戸塚章介(元東京都労働委員会労働者委員)
8月9日朝、火工廠連絡将校の鈴木弓俊少佐は耐酸材料に関する調査のために撫順にいた。ラジオでソ連参戦を知り、空襲警報の鳴る中駅へ急いだ。火工廠に帰着すると林光道廠長から、命令受領のため新京の関東軍総司令部へ行くよう命じられた。往きの列車は順調で一等車の個室でゆったりできた。
新京駅に着き総司令部に直行したが、建物は白い煙に覆われていた。庭で大量の書類を燃やしているのだ。部屋には人影がなかった。参謀室の扉を開けると1人の将校がウイスキーを傾けていた。命令受領を求めたが要領を得ない。諦めて総司令部を出て駅に向かった。駅は避難する軍人の家族でごった返している。やっと大連行きの列車に乗ることができ、通常の数倍時間をかけて遼陽に戻った。
総司令部の模様を林廠長に報告すると、今度は奉天の第三方面軍司令部へ行くよう指示される。

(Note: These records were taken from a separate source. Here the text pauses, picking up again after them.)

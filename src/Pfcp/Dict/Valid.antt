-- ===== src/Pfcp/Dict/Valid.antt =====
-- pfcp-common/src/dict_ext.rs: what the check of mandatory IEs finds, and the requests that pass it.
use upf_edge.Prelude.{
  ℕ, ◌≡◌, ◌↔◌, refl, true, inl, inr, some, List, [], ◌∷◌, arith, Bool-cases, All, ◌==◌,
}
use upf_edge.Bytes.{Bytes}
use upf_edge.Pfcp.Tlv.{Ie, items, iter_ies}
use upf_edge.Pfcp.Messages.{find}
use upf_edge.Pfcp.Dict.{
  IeSpec, MessageSpec, lookup, validate, is_ok, is_required, contains, names_without, mandatory_of,
}

-- The walk found an IE of the type.
abbrev pub HasIe : ℕ → List Ie → Type 0
HasIe t ies = (value : Bytes) × (find t ies ≡ some value)

contains→HasIe : (t : ℕ) (ies : List Ie) → contains t ies ≡ true → HasIe t ies
unfolding find
contains→HasIe t (ie ∷ ies) h = elim (Bool-cases (ie.ie_type == t)) [
  | inl e ↦ (ie.value, rw (e) refl)
  | inr e ↦ let (v, f) = contains→HasIe t ies (rw (e) at h) in (v, rw (e) f)
]
contains→HasIe t [] h = ground (arith, h)

pub HasIe→contains : (t : ℕ) (ies : List Ie) → HasIe t ies → contains t ies ≡ true
unfolding find
HasIe→contains t [] (v, h) = ground (arith, h)
HasIe→contains t (ie ∷ ies) (v, h) = ground (arith, h, HasIe→contains t ies)

abbrev Present : List Ie → IeSpec → Type 0
Present ies s = is_required s.presence ≡ true → HasIe s.ie_type ies

names→Present :
    (ies : List Ie) (specs : List IeSpec)
    → is_ok (names_without ies (mandatory_of specs)) ≡ true
    → All (Present ies) specs
names→Present ies [] h = tt
names→Present ies (s ∷ specs) h = elim (Bool-cases (is_required s.presence)) [
  | inr e ↦ (λ r. ground (arith, e, r), names→Present ies specs (rw (e) at h))
  | inl e ↦ elim (Bool-cases (contains s.ie_type ies)) [
    | inl c ↦ (λ r. contains→HasIe s.ie_type ies c, names→Present ies specs (rw (e, c) at h))
    | inr c ↦ absurd (ground (arith, rw (e, c) at h))
  ]
]

Present→names :
    (ies : List Ie) (specs : List IeSpec)
    → All (Present ies) specs
    → is_ok (names_without ies (mandatory_of specs)) ≡ true
Present→names ies [] h = refl
Present→names ies (s ∷ specs) (p, h) = elim (Bool-cases (is_required s.presence)) [
  | inr e ↦ rw (e) (Present→names ies specs h)
  | inl e ↦ rw (e, HasIe→contains s.ie_type ies (p e)) (Present→names ies specs h)
]

-- The check of a message whose type the dictionary knows passes exactly if the walk over the body finds
-- an IE of each type that the dictionary marks as mandatory for it.
pub validate_iff :
    (msg_type : ℕ) (spec : MessageSpec) (body : Bytes)
    → lookup msg_type ≡ some spec
    → (is_ok (validate msg_type body) ≡ true)
      ↔ All (λ s. is_required s.presence ≡ true → HasIe s.ie_type (items (iter_ies body))) spec.ies
unfolding validate
validate_iff msg_type spec body e = (
  λ h. names→Present (items (iter_ies body)) spec.ies (rw (e) at h),
  λ h. rw (e) (Present→names (items (iter_ies body)) spec.ies h),
)
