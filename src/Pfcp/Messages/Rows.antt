-- ===== src/Pfcp/Messages/Rows.antt =====
-- pfcp-common/src/messages.rs on requests that builder.rs makes: any number of rules of each kind.
use upf_edge.Prelude.{
  ℕ, ◌^◌, ◌<◌, ◌≡◌, refl, ◌∙◌, false, some, List, [], ◌∷◌, ◌++◌, map, append-nil, arith, ok, All,
  All-append, length, ◌==◌, ==_refl,
}
use upf_edge.Bytes.{Bytes, u32_be, u64_be}
use upf_edge.Pfcp.Builder.{
  PdrParams, FarParams, UrrParams, create_pdr_value, pdi_value, far_value, forwarding_value,
  urr_value,
}
use upf_edge.Pfcp.Builder.Far.{IsFar, parsed_far, parse_create_far-far_value}
use upf_edge.Pfcp.Builder.Pdr.{IsPdr, parsed_pdr, parse_create_pdr-create_pdr_value}
use upf_edge.Pfcp.Builder.Rows.{ie}
use upf_edge.Pfcp.Builder.Urr.{IsUrr, parsed_urr, parse_create_urr-urr_value}
use upf_edge.Pfcp.Header.{Result}
use upf_edge.Pfcp.Ie.{parse_fseid, parse_node_id}
use upf_edge.Pfcp.Ie.Grouped.{parse_create_pdr, parse_create_far, parse_create_urr}
use upf_edge.Pfcp.Messages.{SessionEstablishmentReq, decode_session_establishment, collect}
use upf_edge.Pfcp.Tlv.{Ie, items, iter_ies, tlvs}
use upf_edge.Pfcp.Tlv.Walk.{IsIe, items-iter_ies-tlvs}
use upf_edge.Pfcp.Types.{
  pfcp_ie_node_id, pfcp_ie_fseid, pfcp_ie_create_pdr, pfcp_ie_create_far, pfcp_ie_create_urr,
  pfcp_ie_forwarding_parameters,
}

abbrev pub rows : {A : Type 0} → ℕ → (A → Bytes) → List A → List Ie
rows t value [] = []
rows t value (x ∷ xs) = ie t (value x) ∷ rows t value xs

-- What `collect` finds in rows of its own type, and of another.
module _ {A B : Type 0} (parse : Bytes → Result B) (value : A → Bytes) where
  collect-rows :
      (Fits : A → Type 0) (t : ℕ) (read : A → B) (xs : List A) (rest : List Ie) (found : List B)
      → ((x : A) → Fits x → parse (value x) ≡ ok (read x))
      → All Fits xs
      → collect parse t rest ≡ ok found
      → collect parse t (rows t value xs ++ rest) ≡ ok (map read xs ++ found)
  unfolding collect
  collect-rows Fits t read [] rest found h f e = e
  collect-rows Fits t read (x ∷ xs) rest found h (fx, f) e =
      rw (==_refl t, h x fx, collect-rows Fits t read xs rest found h f e) refl

  collect-other :
      (t s : ℕ) (xs : List A) (rest : List Ie)
      → (s == t) ≡ false
      → collect parse t (rows s value xs ++ rest) ≡ collect parse t rest
  unfolding collect
  collect-other t s [] rest e = refl
  collect-other t s (x ∷ xs) rest e = rw (e) (collect-other t s xs rest e)

rows-IsIe :
    {A : Type 0} (value : A → Bytes) (t : ℕ) (xs : List A)
    → t < 2 ^ 16
    → ((x : A) → length (value x) < 2 ^ 16)
    → All IsIe (rows t value xs)
rows-IsIe value t [] h g = tt
rows-IsIe value t (x ∷ xs) h g = ((h, g x), rows-IsIe value t xs h g)

length-create_pdr_value : (p : PdrParams) → length (create_pdr_value p) < 2 ^ 16
unfolding create_pdr_value pdi_value
length-create_pdr_value p = ground arith

length-far_value : (t : ℕ) (f : FarParams) → length (far_value t f) < 2 ^ 16
unfolding far_value forwarding_value
length-far_value t f = ground arith

length-urr_value : (u : UrrParams) → length (urr_value u) < 2 ^ 16
unfolding urr_value
length-urr_value u = ground arith

abbrev far_bytes : FarParams → Bytes
far_bytes f = far_value pfcp_ie_forwarding_parameters f

module _ (smf_addr cp_seid : ℕ) (pdrs : List PdrParams) (fars : List FarParams)
    (urrs : List UrrParams) where
  -- The IEs of a request with the rules, in the order of their kinds.
  abbrev pub request_ies : List Ie
  request_ies =
      ie pfcp_ie_node_id (0x00 ∷ u32_be smf_addr)
      ∷ ie pfcp_ie_fseid (0x02 ∷ (u64_be cp_seid ++ u32_be smf_addr))
      ∷ (rows pfcp_ie_create_pdr create_pdr_value pdrs
          ++ (rows pfcp_ie_create_far far_bytes fars
              ++ (rows pfcp_ie_create_urr urr_value urrs ++ [])))

  -- What the peer is to read.
  abbrev pub request_of : SessionEstablishmentReq
  request_of = record {
    node_id = some smf_addr;
    cp_seid = cp_seid;
    smf_addr = smf_addr;
    create_pdrs = map parsed_pdr pdrs ++ [];
    create_fars = map parsed_far fars ++ [];
    create_urrs = map parsed_urr urrs ++ [];
  }

  -- The numbers fit their fields.
  pub record RulesFit : Type 0 where
    pub smf_addr_fits : smf_addr < 2 ^ 32
    pub cp_seid_fits : cp_seid < 2 ^ 64
    pub pdrs_fit : All IsPdr pdrs
    pub fars_fit : All IsFar fars
    pub urrs_fit : All IsUrr urrs

  request_complete : All IsIe request_ies
  request_complete = (
    omega arith,
    (
      omega arith,
      All-append IsIe (rows pfcp_ie_create_pdr create_pdr_value pdrs) _
          (rows-IsIe create_pdr_value pfcp_ie_create_pdr pdrs (omega arith) length-create_pdr_value)
          (All-append IsIe (rows pfcp_ie_create_far far_bytes fars) _
            (rows-IsIe far_bytes pfcp_ie_create_far fars (omega arith)
              (length-far_value pfcp_ie_forwarding_parameters))
            (All-append IsIe (rows pfcp_ie_create_urr urr_value urrs) _
              (rows-IsIe urr_value pfcp_ie_create_urr urrs (omega arith) length-urr_value) tt)),
    ),
  )

  pub request_walk : items (iter_ies (tlvs request_ies)) ≡ request_ies
  request_walk =
      rw (append-nil (tlvs request_ies)) at (items-iter_ies-tlvs request_ies [] request_complete tt)

  abbrev urr_rows : List Ie
  urr_rows = rows pfcp_ie_create_urr urr_value urrs ++ []

  abbrev far_rows : List Ie
  far_rows = rows pfcp_ie_create_far far_bytes fars ++ urr_rows

  pdrs_found :
      All IsPdr pdrs
      → collect parse_create_pdr pfcp_ie_create_pdr request_ies ≡ ok (map parsed_pdr pdrs ++ [])
  unfolding collect
  pdrs_found h =
      collect-rows parse_create_pdr create_pdr_value IsPdr pfcp_ie_create_pdr parsed_pdr pdrs
        far_rows [] parse_create_pdr-create_pdr_value h
        (collect-other parse_create_pdr far_bytes pfcp_ie_create_pdr pfcp_ie_create_far fars
            urr_rows refl
          ∙ collect-other parse_create_pdr urr_value pfcp_ie_create_pdr pfcp_ie_create_urr urrs []
              refl)

  fars_found :
      All IsFar fars
      → collect parse_create_far pfcp_ie_create_far request_ies ≡ ok (map parsed_far fars ++ [])
  unfolding collect
  fars_found h =
      collect-other parse_create_far create_pdr_value pfcp_ie_create_far pfcp_ie_create_pdr pdrs
        far_rows refl
      ∙ collect-rows parse_create_far far_bytes IsFar pfcp_ie_create_far parsed_far fars urr_rows []
          parse_create_far-far_value h
          (collect-other parse_create_far urr_value pfcp_ie_create_far pfcp_ie_create_urr urrs []
            refl)

  urrs_found :
      All IsUrr urrs
      → collect parse_create_urr pfcp_ie_create_urr request_ies ≡ ok (map parsed_urr urrs ++ [])
  unfolding collect
  urrs_found h =
      collect-other parse_create_urr create_pdr_value pfcp_ie_create_urr pfcp_ie_create_pdr pdrs
        far_rows refl
      ∙ (collect-other parse_create_urr far_bytes pfcp_ie_create_urr pfcp_ie_create_far fars
            urr_rows refl
          ∙ collect-rows parse_create_urr urr_value IsUrr pfcp_ie_create_urr parsed_urr urrs [] []
              parse_create_urr-urr_value h refl)

  -- The decoder reads back a Session Establishment Request with any number of PDRs, FARs and URRs: the
  -- node ID, the CP F-SEID and every rule, in their order, if the numbers fit their fields.
  pub decode-request_ies :
      RulesFit → decode_session_establishment (tlvs request_ies) ≡ ok request_of
  unfolding decode_session_establishment parse_fseid parse_node_id
  decode-request_ies h =
      rw (request_walk, pdrs_found h.pdrs_fit, fars_found h.fars_fit, urrs_found h.urrs_fit)
        (ground arith)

鈴木少佐は息つくひまもなく和泉正一中尉とともに奉天へ向かった。司令部では司令官の後宮(うしろく)淳大将に面会できた。鈴木、和泉両名が、火工廠防空強化のため高射砲の増設を具申したが「その余裕はない」と断られた。
鈴木少佐の報告を聞いた林廠長は自ら状況把握のため奉天に行く決断をした。随員は政井中尉他1名で、矢口清一輸送班長が車を運転した。奉天に着くと司令部は慌ただしい雰囲気に包まれており、書類を焼却している光景も見られた。第三方面軍司令官後宮大将から事情説明があり、「ソ連軍に対して徹底抗戦する。そのために火工廠は対戦車急造爆雷の製造を急ぐこと」との命令を受けた。
対戦車急造爆雷とは、直径30センチほどの木箱に鋳鉄の椀と黄色薬を装填し、これに柄をつけてソ連軍戦車に投げつける。うまく当たれば戦車を破壊できるというのだが、実行されないうちに日本の敗戦になった。対戦車兵器としてはほかに夕弾式急造地雷もあった。石油缶より一回り大きい爆缶を導火線の遠隔操作で爆発させる。実験では戦車のキャタピラを粉砕し、威力が実証されたがこれも使われなかった。
ソ連軍は急速度で南下していた。数日で火工廠に達する恐れがある。火工廠部隊司令部は11日、住民に対戦車用たこ壺型塹壕を掘るよう命じた。翌12は晴天の日曜日、弥生町、朝日町の人たちは吉野山の麓に集まり、家族総出で穴掘りにあたった。地盤は固い。粘土質なので水分を含めば柔らかになるのだが、乾燥しているのでスコップもツルハシも受け付けない。大変な苦労をしてやっと塹壕を完成させた。